Рис.0 Долина золотоискателей

– Эй, негодник! Ты где? – Я огляделся, но не нашел своего друга. К счастью свистеть я умею прекрасно, а Рей, подобно псу, бежит на зов. – Ты куда делся? – Я тепло улыбаюсь ему. – Пора возвращаться домой. Домой…

Дом. И как люди уместили так много смысла в одном слове? Удивительно… Буквально вселенная на кончике иглы. Даже животные, не зная языка, чутьем понимают, что такое дом. Стоит лишь закрыть глаза, и я представляю теплую еду, мерцание огня, почти беззвучное пение сестры, перешептывание братьев, шум ветра и потрескивания полена в камине.

Но мечтать нет времени – похоже, близится гроза. Надо спешить в то самое место, которое я называю домом. Хотя вся эта земля – тоже его часть; шаг влево, шаг вправо – и ничего не поменяется. Настоящая крыша для моего дома – извечные в переменчивой красоте небеса. Иногда, достигая какой-то разрушительной точки в своей любви к родным краям, я хочу в них раствориться.

Насколько претит Богу то, что я хочу стать ветром, превратиться во что-то вне времени? Это ведь не то, что уйти в мир иной. Смерть – понятие лишь для тех, кто смотрит на часы, это звонок от первого крика до последнего вздоха. Я же хочу срывать лепестки лютиков на лугах ранчо, качать деревья, поднимать пыль, запускать невесомые пальцы в волосы таких же наивных юнцов, как я сам. С моих плеч упадет груз ответственности за благополучие семьи, останусь лишь я и та секунда, что наполняет смыслом мое существование. Но это фантазии. Всегда ли мне будет двадцать? Всегда ли я буду мечтать так дерзко? Когда мой отец стал мужчиной? С появлением братьев или с утратой матери? И главное, хочу ли я знать, когда и мне предстоит повзрослеть? Я вспоминаю взгляд Рея, мчащегося с холма. Яркую картинку свободы, смутное предчувствие чего-то удивительного. Я рисковал упасть, мечтая о полете. Ох, секундой больше, и кто знает? Может, обернувшись, я бы увидел крылья.

Я смотрю в небо. Бьюсь об заклад, в моих глазах отражаются тучи. И когда только оно успело превратиться в черный шторм? Нужно успеть до дождя. Я не могу слечь с лихорадкой второй раз за лето, тем более сейчас. Все вокруг темнеет, будто ночь захотела сожрать ранчо на семь часов раньше. Я дергаю головой, отчего в ушах звенит. Молния и гром разрываются где-то вдалеке: предупреждают или наоборот, зовут стать частью бури? Наверное, поэтому мне и не хочется бежать.

Я кручу головой и вижу, как они – небеса – падают. Стена воды, готовая стереть с земли летнюю безмятежность, обрушилась на долину в нескольких милях отсюда. Начинаю свистеть, пока непогода не унесла зов куда-то ввысь. Рей вихрем несется ко мне, словно чуя беду или чувствуя мое настроение. Куда он вновь убегал? Мы встречаемся ровно на середине луга. Моя рука тянется к его гриве, но в тот же миг на большой палец падает капля дождя.

Поздно. Непогодой накрыло и меня, и весь мой мир.

Наплевав на благоразумие, я взбираюсь на Рея и ощутимо бью его пятками в бока. Ничего! На тренировках он и шпоры терпит! Однако другу не нужен призыв, он сам мчится вперед, не ища троп. Мы и правда одной крови, никогда не ходим по протоптанным дорожкам, не живем по указке, а судьба… Судьба наш враг.

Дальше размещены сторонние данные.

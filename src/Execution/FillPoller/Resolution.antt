-- ===== src/Execution/FillPoller/Resolution.antt =====
-- The order that a number means does not change while fills come in.
use short_trading_bot.Base.{
  ℕ, ◌≡◌, refl, inl, inr, Bool, Option, none, some, List, [], ◌∷◌, arith, ◌==◌, update_by, keep_if,
  Option-cases, Bool-cases, ℕ_discrete,
}
use short_trading_bot.Domain.Enums.{Side, buy, sell, OrderState}
use short_trading_bot.Execution.Types.{Fill}
use short_trading_bot.Execution.Store.{
  Store, Order, PositionRow, order_key, position_key, find_order,
}
use short_trading_bot.Execution.OrderManager.{handle_fill, apply_to_order, market_of, project}
use short_trading_bot.Execution.OrderManager.Fills.{handle_fill_known, handle_fill_missing}
use short_trading_bot.Execution.FillPoller.{is_candidate, latest, later, resolve_order}

-- Two rows of one order, which may differ in its state.
pub record Twin (a b : Order) : Type 0 where
  pub same_order_id : b.order_id ≡ a.order_id
  pub same_client_id : b.client_order_id ≡ a.client_order_id
  pub same_number : b.broker_order_no ≡ a.broker_order_no
  pub same_created : b.created_at ≡ a.created_at
  pub same_lot : b.lot_id ≡ a.lot_id

Twin-refl : (o : Order) → Twin o o
Twin-refl o = ground arith

Twin-state : (s : OrderState) (o : Order) → Twin o (record o { state = s })
Twin-state s o = ground arith

-- Two tables of twins.
pub data Twins : List Order → List Order → Type 0 where
  nil : Twins [] []
  cons : {a b : Order} {as' bs : List Order} → Twin a b → Twins as' bs → Twins (a ∷ as') (b ∷ bs)

Twins-refl : (os : List Order) → Twins os os
Twins-refl [] = nil
Twins-refl (o ∷ os) = cons (Twin-refl o) (Twins-refl os)

Twins-update :
    (k : ℕ) (s : OrderState) (os : List Order)
    → Twins os (update_by order_key k (λ o. record o { state = s }) os)
Twins-update k s [] = nil
Twins-update k s (o ∷ os) = elim (Bool-cases (o.client_order_id == k)) [
  | inl e ↦ rw e (cons (Twin-state s o) (Twins-refl os))
  | inr e ↦ rw e (cons (Twin-refl o) (Twins-update k s os))
]

-- The market that an order is joined with is not changed by a fill of any lot.
project-market :
    (quot : ℕ → ℕ → ℕ) (now : ℕ) (side : Side) (f : Fill) (p : PositionRow)
    → ((project quot now side f p).market ≡ p.market)
      × (position_key (project quot now side f p) ≡ position_key p)
unfolding project
project-market quot now buy f p = (refl, refl)
project-market quot now sell f p = (refl, refl)

market_of-update :
    (k : ℕ) (g : PositionRow → PositionRow) (ps : List PositionRow) (o : Order)
    → ((p : PositionRow) → ((g p).market ≡ p.market) × (position_key (g p) ≡ position_key p))
    → market_of (update_by position_key k g ps) o ≡ market_of ps o
unfolding market_of
market_of-update k g [] o e = refl
market_of-update k g (p ∷ ps) o e = ground (arith, (e p).0, (e p).1, market_of-update k g ps o e)

market_of_lot :
    (ps : List PositionRow) (a b : Order) → b.lot_id ≡ a.lot_id → market_of ps b ≡ market_of ps a
unfolding market_of
market_of_lot ps a b e = rw e

module _ (now : ℕ) (day : Option ℕ) (number : ℕ) where
  candidate-Twin :
      (ps qs : List PositionRow) (a b : Order)
      → ((o : Order) → market_of qs o ≡ market_of ps o)
      → Twin a b
      → is_candidate now qs day number b ≡ is_candidate now ps day number a
  unfolding is_candidate
  candidate-Twin ps qs a b e t = ground (arith, e b, market_of_lot ps a b t.same_lot)

  keep-Twins :
      (ps qs : List PositionRow) {xs ys : List Order}
      → ((o : Order) → market_of qs o ≡ market_of ps o)
      → Twins xs ys
      → Twins
          (keep_if (is_candidate now ps day number) xs)
          (keep_if (is_candidate now qs day number) ys)
  keep-Twins ps qs e nil = nil
  keep-Twins ps qs e (cons {a = a} {b = b} t ts) =
      elim (Bool-cases (is_candidate now ps day number a)) [
        | inl c ↦ rw (candidate-Twin ps qs a b e t, c) (cons t (keep-Twins ps qs e ts))
        | inr c ↦ rw (candidate-Twin ps qs a b e t, c) (keep-Twins ps qs e ts)
      ]

-- The first of the latest is the same order.
abbrev pub OptionTwin : Option Order → Option Order → Type 0
OptionTwin none none = Unit
OptionTwin (some a) (some b) = Twin a b
OptionTwin _ _ = ⊥

pub OptionTwin-refl : (o : Option Order) → OptionTwin o o
OptionTwin-refl none = tt
OptionTwin-refl (some o) = Twin-refl o

later-Twin :
    (a b : Order) (x y : Option Order) → Twin a b → OptionTwin x y → Twin (later a x) (later b y)
later-Twin a b none none t h = t
later-Twin a b (some x) (some y) t h = ground arith
later-Twin a b none (some y) t h = absurd h
later-Twin a b (some x) none t h = absurd h

latest-Twins : {xs ys : List Order} → Twins xs ys → OptionTwin (latest xs) (latest ys)
unfolding latest
latest-Twins nil = tt
latest-Twins (cons t ts) = later-Twin _ _ _ _ t (latest-Twins ts)

-- A fill leaves every number with the order that it had, and with none where it had none.
pub resolve_order-handle_fill :
    (autoflush : Bool) (quot : ℕ → ℕ → ℕ) (now now' number : ℕ) (day : Option ℕ) (fill : Fill)
    (st : Store)
    → OptionTwin
        (resolve_order now' day number st)
        (resolve_order now' day number (handle_fill autoflush quot now fill st))
unfolding resolve_order apply_to_order
resolve_order-handle_fill autoflush quot now now' number day fill st =
    elim (Option-cases (find_order fill.client_order_id st.orders)) [
      | inl e ↦ rw (handle_fill_missing autoflush quot now fill st e) (latest-Twins (Twins-refl _))
      | inr (o, e) ↦ rw (handle_fill_known autoflush quot now fill st e) (
          latest-Twins (
            keep-Twins now' day number st.positions _
              (λ p.
                market_of-update o.lot_id _ st.positions p (project-market quot now o.side fill))
              (Twins-update fill.client_order_id _ st.orders)))
    ]

-- Every row is the one that a select by its id finds: the id is unique.
abbrev pub IsDistinct : List Order → Type 0
IsDistinct [] = Unit
IsDistinct (o ∷ os) = (find_order o.client_order_id os ≡ none) × IsDistinct os

find_none-Twins :
    (k : ℕ) {xs ys : List Order} → Twins xs ys → find_order k xs ≡ none → find_order k ys ≡ none
find_none-Twins k nil h = refl
find_none-Twins k (cons t ts) h = ground (arith, find_none-Twins k ts)

IsDistinct-Twins : {xs ys : List Order} → Twins xs ys → IsDistinct xs → IsDistinct ys
IsDistinct-Twins nil d = tt
IsDistinct-Twins (cons {a = a} {b = b} t ts) d =
    (rw t.same_client_id (find_none-Twins a.client_order_id ts d.0), IsDistinct-Twins ts d.1)

pub handle_fill-IsDistinct :
    (autoflush : Bool) (quot : ℕ → ℕ → ℕ) (now : ℕ) (fill : Fill) (st : Store)
    → IsDistinct st.orders
    → IsDistinct (handle_fill autoflush quot now fill st).orders
unfolding apply_to_order
handle_fill-IsDistinct autoflush quot now fill st d =
    elim (Option-cases (find_order fill.client_order_id st.orders)) [
      | inl e ↦ rw (handle_fill_missing autoflush quot now fill st e) d
      | inr (o, e) ↦
          rw (handle_fill_known autoflush quot now fill st e)
            (IsDistinct-Twins (Twins-update fill.client_order_id _ st.orders) d)
    ]

-- A row of the tail is found past a head with another id.
find_tail :
    (x : Order) (xs : List Order) (o : Order)
    → find_order x.client_order_id xs ≡ none
    → find_order o.client_order_id xs ≡ some o
    → find_order o.client_order_id (x ∷ xs) ≡ some o
find_tail x xs o n h = elim (ℕ_discrete x.client_order_id o.client_order_id) [
  | yes e ↦ cc
  | no e ↦ ground arith
]

-- With unique ids the row that a number means is found by its id.
latest-find :
    (p : Order → Bool) (os : List Order) {o : Order}
    → IsDistinct os
    → latest (keep_if p os) ≡ some o
    → find_order o.client_order_id os ≡ some o
unfolding latest
latest-find p [] d h = cc
latest-find p (x ∷ xs) {o} d h = ground (arith, latest-find p xs {o = o} d.1, find_tail x xs o d.0)

pub resolve_order-find :
    (now number : ℕ) (day : Option ℕ) (st : Store) {o : Order}
    → IsDistinct st.orders
    → resolve_order now day number st ≡ some o
    → find_order o.client_order_id st.orders ≡ some o
unfolding resolve_order
resolve_order-find now number day st d h = latest-find _ st.orders d h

Дождь беспощадно хлещет нас, и мои волосы вмиг превращаются в спутанное нечто, застилая глаза. Рей то и дело мотает головой, но упрямо летит к дому. Я слышу, как хлюпает земля, я вижу, как стелется трава, я чувствую, как счастлив. Мои пальцы вцепились в шею Рея, еще немного – и я упаду, сломав пару костей, но только этим холмам известно, сколь часто я вот так бросаю опасности вызов. По позвоночнику пробегает молния, кончики пальцев покалывает – так хочется безумств. Еще безумств! Я не в силах противиться порыву. Ноги сами сдавливают бока Рея крепче, на долю секунды я разжимаю руки – и тяну их к тучам, раскрываю глаза и успеваю сделать лишь один вдох, прежде чем вновь впиться в мокрую конскую гриву.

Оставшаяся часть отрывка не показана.